Whenever network access is involved or a complex work-load is being written, we tend to use to multi-threaded approach. If you’d like to learn multi-threading with Python, the article “How To Use ThreadPoolExecutor in Python 3” is a good place to start.

Hence, my next issue was to implement rate limiting in a multi-threaded environment. I wanted to ensure that all the threads behave well and don’t exceed the 30 calls/min limit.

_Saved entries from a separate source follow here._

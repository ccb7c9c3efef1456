-- ===== src/Media/Png.antt =====
-- src/runtime-media-verification.ts: the signature, the header and the whole of the bytes
-- that `verifyPng` accepts.
use z_s_app.Prelude.{
  Bool-cases, if-of_true, if-of_false, some_same, ℕ, zero, suc, ◌*◌, ◌≤◌, ◌<◌, ◌≡◌, refl, sym,
  subst, ◌∙◌, false, not, ◌||◌, Option, none, some, List, [], ◌∷◌, ◌++◌, length, every, ltb, leb,
  nat_beq, nat_beq_iff, arith, inl, inr, Result, ok, Yields, Yields-ok, Yields-err, Yields-bind,
  Yields-unless, Yields-if, Yields-weaken,
}
use z_s_app.Prefix.{codes_beq, codes_beq_iff}
use z_s_app.Media.{
  MediaVerificationErrorCode, png_signature, after_bytes, u32, PngChunk, read_chunk, is_letter,
  has_type, header_type, end_type, check_size, size_in, size_after, after_chunk, png_chunks,
  png_after_signature, verify_png,
}
use z_s_app.Media.Chunks.{IsChunk, AreLater, read_chunk-IsChunk, Later, png_chunks-Later}

-- An image of that size, with at most `max` pixels: the signature, a header chunk with the size in its
-- first eight of 13 bytes, and the later chunks.
pub record IsPng (max : ℕ) (size : ℕ × ℕ) (bytes : List ℕ) : Type 0 where
  pub header : PngChunk
  pub rest : List ℕ
  pub after_signature : List ℕ
  pub signed : bytes ≡ png_signature ++ after_signature
  pub chunk : IsChunk after_signature header rest
  pub header_typed : header.type_code ≡ header_type
  pub header_length : length header.data_bytes ≡ 13
  pub sized : size_in max header.data_bytes ≡ ok size
  pub wide : 0 < size.0
  pub high : 0 < size.1
  pub bounded : size.0 * size.1 ≤ max
  pub later : AreLater rest

abbrev InBounds : ℕ → ℕ × ℕ → Type 0
InBounds max size = (0 < size.0) × ((0 < size.1) × (size.0 * size.1 ≤ max))

check_size-InBounds : (max w h : ℕ) → Yields (check_size max w h) (InBounds max)
check_size-InBounds max w h = Yields-unless (leb w 0 || leb h 0) _ (λ positive.
    Yields-unless (ltb max (w * h)) _
      (λ few. Yields-ok (w, h) (ground arith, (ground arith, ground arith))))

size_in-InBounds : (max : ℕ) (l : List ℕ) → Yields (size_in max l) (InBounds max)
size_in-InBounds max (a ∷ b ∷ c ∷ d ∷ e ∷ f ∷ g ∷ h ∷ s) =
    check_size-InBounds max (u32 a b c d) (u32 e f g h)
size_in-InBounds max [] = Yields-err _
size_in-InBounds max (a ∷ []) = Yields-err _
size_in-InBounds max (a ∷ b ∷ []) = Yields-err _
size_in-InBounds max (a ∷ b ∷ c ∷ []) = Yields-err _
size_in-InBounds max (a ∷ b ∷ c ∷ d ∷ []) = Yields-err _
size_in-InBounds max (a ∷ b ∷ c ∷ d ∷ e ∷ []) = Yields-err _
size_in-InBounds max (a ∷ b ∷ c ∷ d ∷ e ∷ f ∷ []) = Yields-err _
size_in-InBounds max (a ∷ b ∷ c ∷ d ∷ e ∷ f ∷ g ∷ []) = Yields-err _

header_no_end : (c : PngChunk) → c.type_code ≡ header_type → has_type end_type c ≡ false
header_no_end c h = subst (λ t. codes_beq end_type t ≡ false) (sym h) refl

none_or_some : {s : List ℕ} → none ≡ some s → ⊥
none_or_some h = grind arith

after_bytes-some : (p s r : List ℕ) → after_bytes p s ≡ some r → s ≡ p ++ r
after_bytes-some [] s r h = some_same s r h
after_bytes-some (c ∷ p) [] r h = grind arith
after_bytes-some (c ∷ p) (b ∷ s) r h = elim (Bool-cases (nat_beq c b)) [
  | inl same ↦
      let rest = after_bytes-some p s r (sym (if-of_true _ _ same) ∙ h) in
      let first = (nat_beq_iff c b).0 same in cc
  | inr differs ↦ absurd (none_or_some (sym (if-of_false (after_bytes p s) none differs) ∙ h))
]

module _ (max : ℕ) (bytes : List ℕ) where
  abbrev IsHeader : PngChunk → ℕ × ℕ → Type 0
  IsHeader c size =
      (c.type_code ≡ header_type)
      × ((length c.data_bytes ≡ 13) × ((size_in max c.data_bytes ≡ ok size) × InBounds max size))

  size_after-IsHeader : (c : PngChunk) → Yields (size_after max none c) (IsHeader c)
  size_after-IsHeader c =
      Yields-unless (not (has_type header_type c) || not (nat_beq (length c.data_bytes) 13)) _ (λ h.
        record {
          apply = λ size same. (
            sym ((codes_beq_iff header_type c.type_code).0 (ground (arith, h))),
            (ground (arith, h), (same, (size_in-InBounds max c.data_bytes).apply size same)),
          );
        })

  after_chunk-IsPng :
      (later : Option (ℕ × ℕ) → List ℕ → Result MediaVerificationErrorCode (ℕ × ℕ)) (s : List ℕ)
      (o : Option (PngChunk × List ℕ))
      → bytes ≡ png_signature ++ s
      → read_chunk s ≡ o
      → ((size : ℕ × ℕ) (rest : List ℕ) → Yields (later (some size) rest) (Later max size rest))
      → Yields (after_chunk max later none o) (λ size. IsPng max size bytes)
  unfolding Later
  after_chunk-IsPng later s none signed e h = Yields-err _
  after_chunk-IsPng later s (some (c, rest)) signed e h =
      Yields-unless (not (every is_letter c.type_code)) _ (λ letters.
        Yields-bind (size_after-IsHeader c) (λ size p.
          Yields-if (has_type end_type c) (λ last. absurd (grind (arith, header_no_end c p.0)))
            (λ more. Yields-weaken (h size rest) (λ r q.
              subst (λ t. IsPng max t bytes) (sym q.0)
                (record {
                  header = c;
                  rest = rest;
                  after_signature = s;
                  signed = signed;
                  chunk = read_chunk-IsChunk s c rest e;
                  header_typed = p.0;
                  header_length = p.1.0;
                  sized = p.1.1.0;
                  wide = p.1.1.1.0;
                  high = p.1.1.1.1.0;
                  bounded = p.1.1.1.1.1;
                  later = q.1;
                })))))

  png_chunks-IsPng :
      (left : ℕ) (s : List ℕ)
      → bytes ≡ png_signature ++ s
      → Yields (png_chunks max left none s) (λ size. IsPng max size bytes)
  unfolding png_chunks
  png_chunks-IsPng left [] signed = Yields-err _
  png_chunks-IsPng zero (b ∷ s) signed = Yields-err _
  png_chunks-IsPng (suc left) (b ∷ s) signed =
      after_chunk-IsPng (png_chunks max left) (b ∷ s) (read_chunk (b ∷ s)) signed refl
        (png_chunks-Later max left)

  png_after_signature-IsPng :
      (o : Option (List ℕ))
      → after_bytes png_signature bytes ≡ o
      → Yields (png_after_signature max o) (λ size. IsPng max size bytes)
  png_after_signature-IsPng none e = Yields-err _
  png_after_signature-IsPng (some s) e =
      png_chunks-IsPng 4096 s (after_bytes-some png_signature bytes s e)

  -- Bytes that are accepted as a PNG image are the signature, a header chunk of 13 bytes that gives a
  -- width and a height above 0 with at most the allowed number of pixels, and then chunks that are no
  -- headers up to an empty `IEND` chunk, with which the bytes end. Each chunk has the length that it
  -- states.
  pub verify_png-IsPng : (size : ℕ × ℕ) → verify_png max bytes ≡ ok size → IsPng max size bytes
  unfolding verify_png
  verify_png-IsPng size same = (png_after_signature-IsPng _ refl).apply size same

To verify this, I updated the code to add multi-threading. To keep it simple, I started with 3 threads. Using this, I call the same function as before.

import requests
from ratelimit import limits, RateLimitException, sleep_and_retry
from concurrent.futures import ThreadPoolExecutor as PoolExecutor

ONE_MINUTE = 60
MAX_CALLS_PER_MINUTE = 30

@sleep_and_retry
@limits(calls=MAX_CALLS_PER_MINUTE, period=ONE_MINUTE)
def access_rate_limited_api(count):
    resp = requests.get('http://192.168.1.2:8000/knockknock')
    print(f"{count}.{resp.text}")    

with PoolExecutor(max_workers=3) as executor:
    for _ in executor.map(access_rate_limited_api, range(60)):
        pass 

As before, in the access log, there were 30 requests within the same minute, a gap of 1 minute followed by the remaining 30 requests.

Putting it together

The example I have is a very simple use case. In my case, the final use-case was to ensure that I was within the rate limit for Cloudinary’s Admin API. In my case, the rate limit I was desiring was 3000 requests per hour. This translates to 50 requests minute. I was trying to extract information about a set of resources and print to a CSV file. By using the requests library with a concurrency of 5, I was able to achieve the desired throughput while remaining within the rate limits imposed by the API.